## WORK INSTRUCTION
Whenever a line below mentions the word "finished", that line should be copied.

## EXCERPTED RECORDS
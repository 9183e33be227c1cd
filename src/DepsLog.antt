-- ===== src/DepsLog.antt =====
-- toolsupport/ninjautil/deps_log.go: ninja's deps log, its file format, its reader and its writer.
pub mod State
pub mod Reader
pub mod Writer
pub mod Codec
pub mod Rounds
pub mod Update
pub mod Reads
pub mod Mirror
pub mod Interning
pub mod Recording
pub mod Reopen
pub mod Sessions
pub mod Visibility
mod Samples
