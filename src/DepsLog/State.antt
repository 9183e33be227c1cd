-- ===== src/DepsLog/State.antt =====
-- The state of `DepsLog` in toolsupport/ninjautil/deps_log.go, and the methods that touch no file.
-- Paths are byte strings; `filepath.ToSlash` changes nothing on Linux. An int32 and an int64 are bit
-- patterns (numbers below 2^32 and 2^64).
use siso.Common.{
  ℕ, ◌+◌, ◌-◌, ◌*◌, ◌/◌, Bool, true, false, List, [], ◌∷◌, ◌++◌, Option, none, some, Bytes,
  bytes_eq, leb, ltb, if◌then◌else◌, length, get_elem?, set, replicate,
}
use siso.Common.Words.{sign_bit}

pub record DepsRecord : Type 0 where
  pub mtime : ℕ
  pub inputs : List Bytes

-- A Go map from paths to indices; the entry in front is the one that was stored last.
abbrev pub PathIdx : Type 0
PathIdx = List (Bytes × ℕ)

unfoldable pub lookup : Bytes → PathIdx → Option ℕ
lookup k [] = none
lookup k ((j, v) ∷ m) = if bytes_eq j k then some v else lookup k m

-- `w` is true while the file is open for appending, and `file` is what the file holds.
-- `shares` is true while `rDeps` and `deps` are slices of one array: then a write to an element of
-- one shows in the other.
pub record DepsLog : Type 0 where
  pub r_paths : List Bytes
  pub r_path_idx : PathIdx
  pub r_deps : List (Option DepsRecord)
  pub paths : List Bytes
  pub path_idx : PathIdx
  pub deps : List (Option DepsRecord)
  pub deps_cap : ℕ
  pub shares : Bool
  pub w : Bool
  pub file : Bytes
  pub needs_recompact : Bool

-- `&DepsLog{fname, rPathIdx, pathIdx}` over a file that holds `content`.
abbrev pub empty_log : Bytes → DepsLog
empty_log content = record {
  r_paths = [];
  r_path_idx = [];
  r_deps = [];
  paths = [];
  path_idx = [];
  deps = [];
  deps_cap = 0;
  shares = false;
  w = false;
  file = content;
  needs_recompact = false;
}

-- `d.deps[outID] = deps`
unfoldable pub store : ℕ → DepsRecord → DepsLog → DepsLog
store out_id rec d = record d {
  deps = set d.deps out_id (some rec);
  r_deps = if d.shares then set d.r_deps out_id (some rec) else d.r_deps;
}

unfoldable pub pad : ℕ → List (Option DepsRecord) → List (Option DepsRecord)
pad n xs = xs ++ replicate (n - length xs) none

-- `none` is a panic: a negative index, or a capacity that overflows int32.
unfoldable pub update : ℕ → DepsRecord → DepsLog → Option (Bool × DepsLog)
update out_id rec d =
    if leb sign_bit out_id
    then none
    else if ltb out_id (length d.deps)
    then some (true, store out_id rec d)
    else if ltb out_id d.deps_cap
    then some (false, store out_id rec (record d { deps = pad (out_id + 1) d.deps }))
    else if leb sign_bit (out_id + 100)
    then none
    else some (
      false,
      store out_id rec (record d {
        deps = pad (out_id + 1) d.deps;
        deps_cap = (out_id + 100) / 100 * 100;
        shares = false;
      }),
    )

-- The entries of `pathIdx` go over those of `rPathIdx` (`maps.Copy`).
unfoldable pub reset : DepsLog → DepsLog
reset d = record d {
  r_paths = d.paths;
  r_path_idx = d.path_idx ++ d.r_path_idx;
  r_deps = d.deps;
  shares = true;
}

pub data Got : Type 0 where
  found : List Bytes → ℕ → Got
  no_deps_log inconsistent : Got

unfoldable pub get_deps : Option (Option DepsRecord) → Got
get_deps none = no_deps_log
get_deps (some none) = no_deps_log
get_deps (some (some rec)) = found rec.inputs rec.mtime

unfoldable pub get_at : DepsLog → Bytes → ℕ → Option Bytes → Got
get_at d output i none = no_deps_log
get_at d output i (some p) =
    if bytes_eq p output then get_deps (get_elem? d.r_deps i) else inconsistent

-- `Get` of a log that is not nil.
unfoldable pub get : DepsLog → Bytes → Got
get d output = elim (lookup output d.r_path_idx) [
  | none ↦ no_deps_log
  | some i ↦ get_at d output i (get_elem? d.r_paths i)
]

unfoldable pub lookup_dep_record : ℕ → DepsLog → Option DepsRecord
lookup_dep_record i d = elim (get_elem? d.deps i) [
  | none ↦ none
  | some none ↦ none
  | some (some rec) ↦ some rec
]

-- The recorded targets: the loop over `rPaths` stops where `rDeps` ends.
unfoldable pub targets_with_deps : List Bytes → List (Option DepsRecord) → List Bytes
targets_with_deps [] deps = []
targets_with_deps (p ∷ ps) [] = []
targets_with_deps (p ∷ ps) (none ∷ ds) = targets_with_deps ps ds
targets_with_deps (p ∷ ps) (some rec ∷ ds) = p ∷ targets_with_deps ps ds

unfoldable pub recorded_targets : DepsLog → List Bytes
recorded_targets d = targets_with_deps d.r_paths d.r_deps
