-- ===== src/DepsLog/Reader.antt =====
-- Reading a deps log file: `NewDepsLog` and what it calls in toolsupport/ninjautil/deps_log.go.
use siso.Common.{
  ℕ, zero, suc, ◌+◌, ◌-◌, ◌*◌, ◌%◌, ◌^◌, Bool, true, false, not, ◌&&◌, ◌||◌, List, [], ◌∷◌, ◌++◌,
  Option, none, some, Bytes, codes, bytes_eq, leb, ltb, ◌==◌, if◌then◌else◌, length, get_elem?,
  take, drop,
}
use siso.Common.Words.{word, sign_bit, put_word, get_word}
use siso.DepsLog.State.{DepsRecord, DepsLog, empty_log, update, reset}

abbrev pub file_signature : Bytes
file_signature = codes "# ninjadeps\n"

abbrev pub current_version : ℕ
current_version = 4

abbrev pub max_record_size : ℕ
max_record_size = 2 ^ 19 - 1

-- `IsDepsRecord` and `RecordSize` of a header's bit pattern.
abbrev pub is_deps_record : ℕ → Bool
is_deps_record h = leb sign_bit h

abbrev pub record_size : ℕ → ℕ
record_size h = h % 2 ^ 27

-- `binary.Read` into a slice of `size / 4` words.
unfoldable pub words : Bytes → List ℕ
words (a ∷ b ∷ c ∷ d ∷ rest) = (a + 256 * b + 65536 * c + 16777216 * d) ∷ words rest
words _ = []

unfoldable pub resolve : List ℕ → List Bytes → Option (List Bytes)
resolve [] paths = some []
resolve (id ∷ ids) paths = elim (if leb sign_bit id then none else get_elem? paths id) [
  | none ↦ none
  | some p ↦ elim (resolve ids paths) [ none ↦ none | some ps ↦ some (p ∷ ps) ]
]

-- `skipped` is the result (-1, nil, nil) on a bad path id; `crash` an index out of range.
pub data DepsParse : Type 0 where
  crash skipped : DepsParse
  parsed : ℕ → DepsRecord → DepsParse

unfoldable pub from_words : List ℕ → List Bytes → DepsParse
from_words (out_id ∷ lo ∷ hi ∷ ids) paths = elim (resolve ids paths) [
  | none ↦ skipped
  | some inputs ↦ parsed out_id (record { mtime = hi * word + lo; inputs = inputs })
]
from_words _ paths = crash

unfoldable pub read_deps_record : Bytes → List Bytes → DepsParse
read_deps_record buf paths = from_words (words buf) paths

-- The padding loop, with the rounds that are left and the path size so far.
unfoldable pub strip_padding : ℕ → ℕ → Bytes → Option ℕ
strip_padding zero p buf = some p
strip_padding (suc k) zero buf = none
strip_padding (suc k) (suc p) buf = elim (get_elem? buf p) [
  | none ↦ none
  | some c ↦ strip_padding k (if c == 0 then p else suc p) buf
]

-- The checksum is the one's complement of the index; as an int32 it must not be negative.
unfoldable pub check_path : ℕ → Bytes → Option (ℕ × Bytes) → Option Bytes
check_path n pathname none = none
check_path n pathname (some (checksum, _)) =
    let expected = word - 1 - checksum in
    if not (leb sign_bit expected) && expected == n then some pathname else none

unfoldable pub read_path_record : Bytes → ℕ → Option Bytes
read_path_record buf n =
    let tail = drop (length buf - 4) buf in
    elim (strip_padding 3 (length buf - 4) buf) [
      | none ↦ none
      | some p ↦ check_path n (take p buf) (get_word tail)
    ]

pub record ReadState : Type 0 where
  pub log : DepsLog
  pub total : ℕ
  pub unique : ℕ

pub data Step : Type 0 where
  panics : Step
  stop : Bool → ReadState → Step
  next : Bytes → ReadState → Step

unfoldable pub count_update : Bytes → ReadState → Option (Bool × DepsLog) → Step
count_update rest st none = panics
count_update rest st (some (existed, d)) = next rest (record {
  log = d;
  total = st.total + 1;
  unique = if existed then st.unique else st.unique + 1;
})

-- An output id of -1 is skipped.
unfoldable pub use_deps : Bytes → ReadState → DepsParse → Step
use_deps rest st crash = panics
use_deps rest st skipped = next rest st
use_deps rest st (parsed out_id rec) =
    if out_id == word - 1 then next rest st else count_update rest st (update out_id rec st.log)

unfoldable pub add_path : Bytes → DepsLog → DepsLog
add_path p d = record d { paths = d.paths ++ p ∷ []; path_idx = (p, length d.paths) ∷ d.path_idx }

unfoldable pub use_path : Bytes → ReadState → Option Bytes → Step
use_path rest st none = stop true st
use_path rest st (some p) = next rest (record st { log = add_path p st.log })

-- `f.Read(buf[:size])` fails at the end of the file, for size 0 too.
unfoldable pub read_record : ℕ → Bytes → ReadState → Step
read_record h rest st =
    let size = record_size h in
    let buf = take size rest in
    let more = drop size rest in
    if ltb max_record_size size
    then stop true st
    else if (length rest == 0) || ltb (length rest) size
    then stop true st
    else if is_deps_record h
    then use_deps more st (read_deps_record buf st.log.paths)
    else use_path more st (read_path_record buf (length st.log.paths))

-- One round of `readLoop`: end of file is a clean stop, a partial header a broken one.
unfoldable pub read_step : Bytes → ReadState → Step
read_step [] st = stop false st
read_step (b ∷ bs) st = elim (get_word (b ∷ bs)) [
  | none ↦ stop true st
  | some (h, rest) ↦ read_record h rest st
]

pub data Loop : Type 0 where
  out_of_fuel panicked : Loop
  finished : Bool → ReadState → Loop

unfoldable pub read_loop : ℕ → Bytes → ReadState → Loop
read_loop zero bs st = out_of_fuel
read_loop (suc fuel) bs st = elim (read_step bs st) [
  | panics ↦ panicked
  | stop broken st' ↦ finished broken st'
  | next rest st' ↦ read_loop fuel rest st'
]

-- The log that the loop fills; the file's content comes in at the end.
abbrev pub start : ReadState
start = record { log = empty_log []; total = 0; unique = 0 }

-- What follows `readLoop`: whether to recompact, and the read-only copies.
unfoldable pub finish_load : Bytes → Bool → ReadState → DepsLog
finish_load file broken st =
    let dead = ltb 1000 st.total && ltb (st.unique * 3) st.total in
    reset (record st.log { file = file; needs_recompact = broken || dead || (st.total == 0) })

-- The file that `createNewDepsLogFile` writes.
abbrev pub new_file : Bytes
new_file = file_signature ++ put_word current_version

pub data FileRead : Type 0 where
  missing unreadable : FileRead
  content : Bytes → FileRead

pub data Loaded : Type 0 where
  failed crashed stuck : Loaded
  loaded : DepsLog → Loaded

unfoldable pub load_records : Bytes → Bytes → Loaded
load_records file body = elim (read_loop (suc (length body)) body start) [
  | out_of_fuel ↦ stuck
  | panicked ↦ crashed
  | finished broken st ↦ loaded (finish_load file broken st)
]

-- `verifyVersion`, on what stands behind the signature.
unfoldable pub after_version : Bytes → Option (ℕ × Bytes) → Loaded
after_version file none = loaded (empty_log new_file)
after_version file (some (version, body)) =
    if version == current_version then load_records file body else loaded (empty_log new_file)

-- `NewDepsLog`; a file name is given.
unfoldable pub new_deps_log : FileRead → Loaded
new_deps_log missing = loaded (empty_log new_file)
new_deps_log unreadable = failed
new_deps_log (content file) =
    if bytes_eq (take 12 file) file_signature
    then after_version file (get_word (drop 12 file))
    else loaded (empty_log new_file)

## ANSWER SPACE
  finished : Bool → ReadState → Loop
  | stop broken st' ↦ finished broken st'
  | finished broken st ↦ loaded (finish_load file broken st)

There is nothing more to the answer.